Donato Ferrante


Application:  Crackalaka
              http://www.stalphonsos.com/~attila/crackalaka

Version:      1.0.8

Bug:          Denial Of Service

Date:         09-Apr-2004

Author:       Donato Ferrante
              e-mail: fdonato@autistici.org
              web:    www.autistici.org/fdonato


xxxxxxxxxxxxxxxxxxxxxxxxxxxxxxxxxxxxxxxxxxxxxxxxxxxxxxxxxxxxxxxxxxxxxxx

1. Description
2. The bug
3. The code
4. The fix



xxxxxxxxxxxxxxxxxxxxxxxxxxxxxxxxxxxxxxxxxxxxxxxxxxxxxxxxxxxxxxxxxxxxxxx

----------------
1. Description:
----------------

Vendor's description:

"Crackalaka is a small, standalone IRC server. 
It does not implement the inter-server portions of the IRC protocol,
and is meant for use by a small workgroup, preferably behind a
firewall."




xxxxxxxxxxxxxxxxxxxxxxxxxxxxxxxxxxxxxxxxxxxxxxxxxxxxxxxxxxxxxxxxxxxxxxx

------------
2. The bug:
------------

The program is unable to manage a lot of not regular strings, in fact
it crashes.

The problem is in the function: hash_strcmp() of hash.c, in which
the program try to manage an unallocated sector of memory.

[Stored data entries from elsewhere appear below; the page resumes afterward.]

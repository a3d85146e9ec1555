-- ===== src/Hlc/Range/Laws/Tests.antt =====
-- Runs and instances of the laws of ranges.
use cdc_sink.Base.{◌≡◌, refl, true, false, arith}
use cdc_sink.Hlc.{compare, next}
use cdc_sink.Hlc.Sample.{at}
use cdc_sink.Hlc.Range.{Range, range_excluding, contains, empty, extend, with_min, max_inclusive}
use cdc_sink.Hlc.Range.Laws.{IsRange, with_min_drops_last}

abbrev span : Range
span = record { min = at 3 0; max = at 5 3 }

span-IsRange : IsRange span
span-IsRange = omega arith

extend_runs :
    (extend span (at 7 1) ≡ record span { max = at 7 2 })
    × (extend span (at 2 9) ≡ record span { min = at 2 9 })
    × (extend span (at 4 0) ≡ span)
unfolding extend compare next
extend_runs = (refl, refl, refl)

contains_runs :
    (contains span (at 3 0) ≡ true)
    × (contains span (at 5 3) ≡ false)
    × (contains (range_excluding (at 1 0) (at 2 0)) (at 1 7) ≡ true)
unfolding contains range_excluding compare
contains_runs = (refl, refl, refl)

with_min_drops_last_example :
    (contains span (max_inclusive span) ≡ true)
    × (empty (with_min span (max_inclusive span)) ≡ true)
with_min_drops_last_example = with_min_drops_last span span-IsRange (omega arith) (omega arith)
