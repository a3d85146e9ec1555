-- ===== src/Hlc/Text.antt =====
-- internal/util/hlc/hlc.go: times as text. Text is a list of bytes.
pub mod RoundTrip
use cdc_sink.Base.{
  ℕ, ◌≡◌, Bool, true, false, not, ◌&&◌, Option, none, some, List, [], ◌∷◌, ◌++◌, length, eqb, leb,
  list_beq, nat_eq, if◌then◌else◌, ◌==◌,
}
use cdc_sink.Base.Int.{ℤ, pos, int_eq, ltb_ℤ}
use cdc_sink.Hlc.{Time, zero_time}
use cdc_sink.Hlc.Decimal.{format_int, format_padded, split, parse_int, atoi}

-- `String`.
unfoldable pub to_text : Time → List ℕ
to_text t = format_int t.nanos ++ (b'.' ∷ format_padded t.logical)

-- The checks of `Parse` from the logical part on; `Atoi` fails last, after the test of the length.
unfoldable pub parse_logical : ℤ → List ℕ → Option Time
parse_logical nanos text = elim (atoi text) [
  | none ↦ none
  | some logical ↦
      if not (eqb (length text) 10) && not (logical == pos 0)
      then none
      else some (record { nanos = nanos; logical = logical })
]

unfoldable pub parse_parts : List (List ℕ) → Option Time
unfolding parse_logical
parse_parts (first ∷ second ∷ []) = elim (parse_int first) [
  | none ↦ none
  | some nanos ↦ if ltb_ℤ nanos (pos 0) then none else parse_logical nanos second
]
parse_parts _ = none

-- `Parse`, with any error as `none`.
unfoldable pub parse : List ℕ → Option Time
unfolding parse_parts
parse timestamp = parse_parts (split b'.' timestamp)

-- What the database driver hands to `Scan`.
pub data Source : Type 0 where
  bytes : List ℕ → Source
  text : List ℕ → Source
  other : Source

scan_text : List ℕ → Option Time
scan_text s = if list_beq s (b'0' ∷ []) then some zero_time else parse s

-- The new value of the receiver, or none where `Scan` reports an error and leaves it alone.
unfoldable pub scan : Source → Option Time
unfolding scan_text list_beq
scan (bytes s) = scan_text s
scan (text s) = scan_text s
scan other = none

xxxxxxxxxxxxxxxxxxxxxxxxxxxxxxxxxxxxxxxxxxxxxxxxxxxxxxxxxxxxxxxxxxxxxxx

-------------
3. The code:
-------------

To test the vulnerability try to send to the irc server some big and
unregular strings or more simply you can use:

nc [host] 6667 < /dev/urandom



xxxxxxxxxxxxxxxxxxxxxxxxxxxxxxxxxxxxxxxxxxxxxxxxxxxxxxxxxxxxxxxxxxxxxxx

------------
4. The fix:
------------

Vendor was contacted.
Bug will be probably fixed in the next version.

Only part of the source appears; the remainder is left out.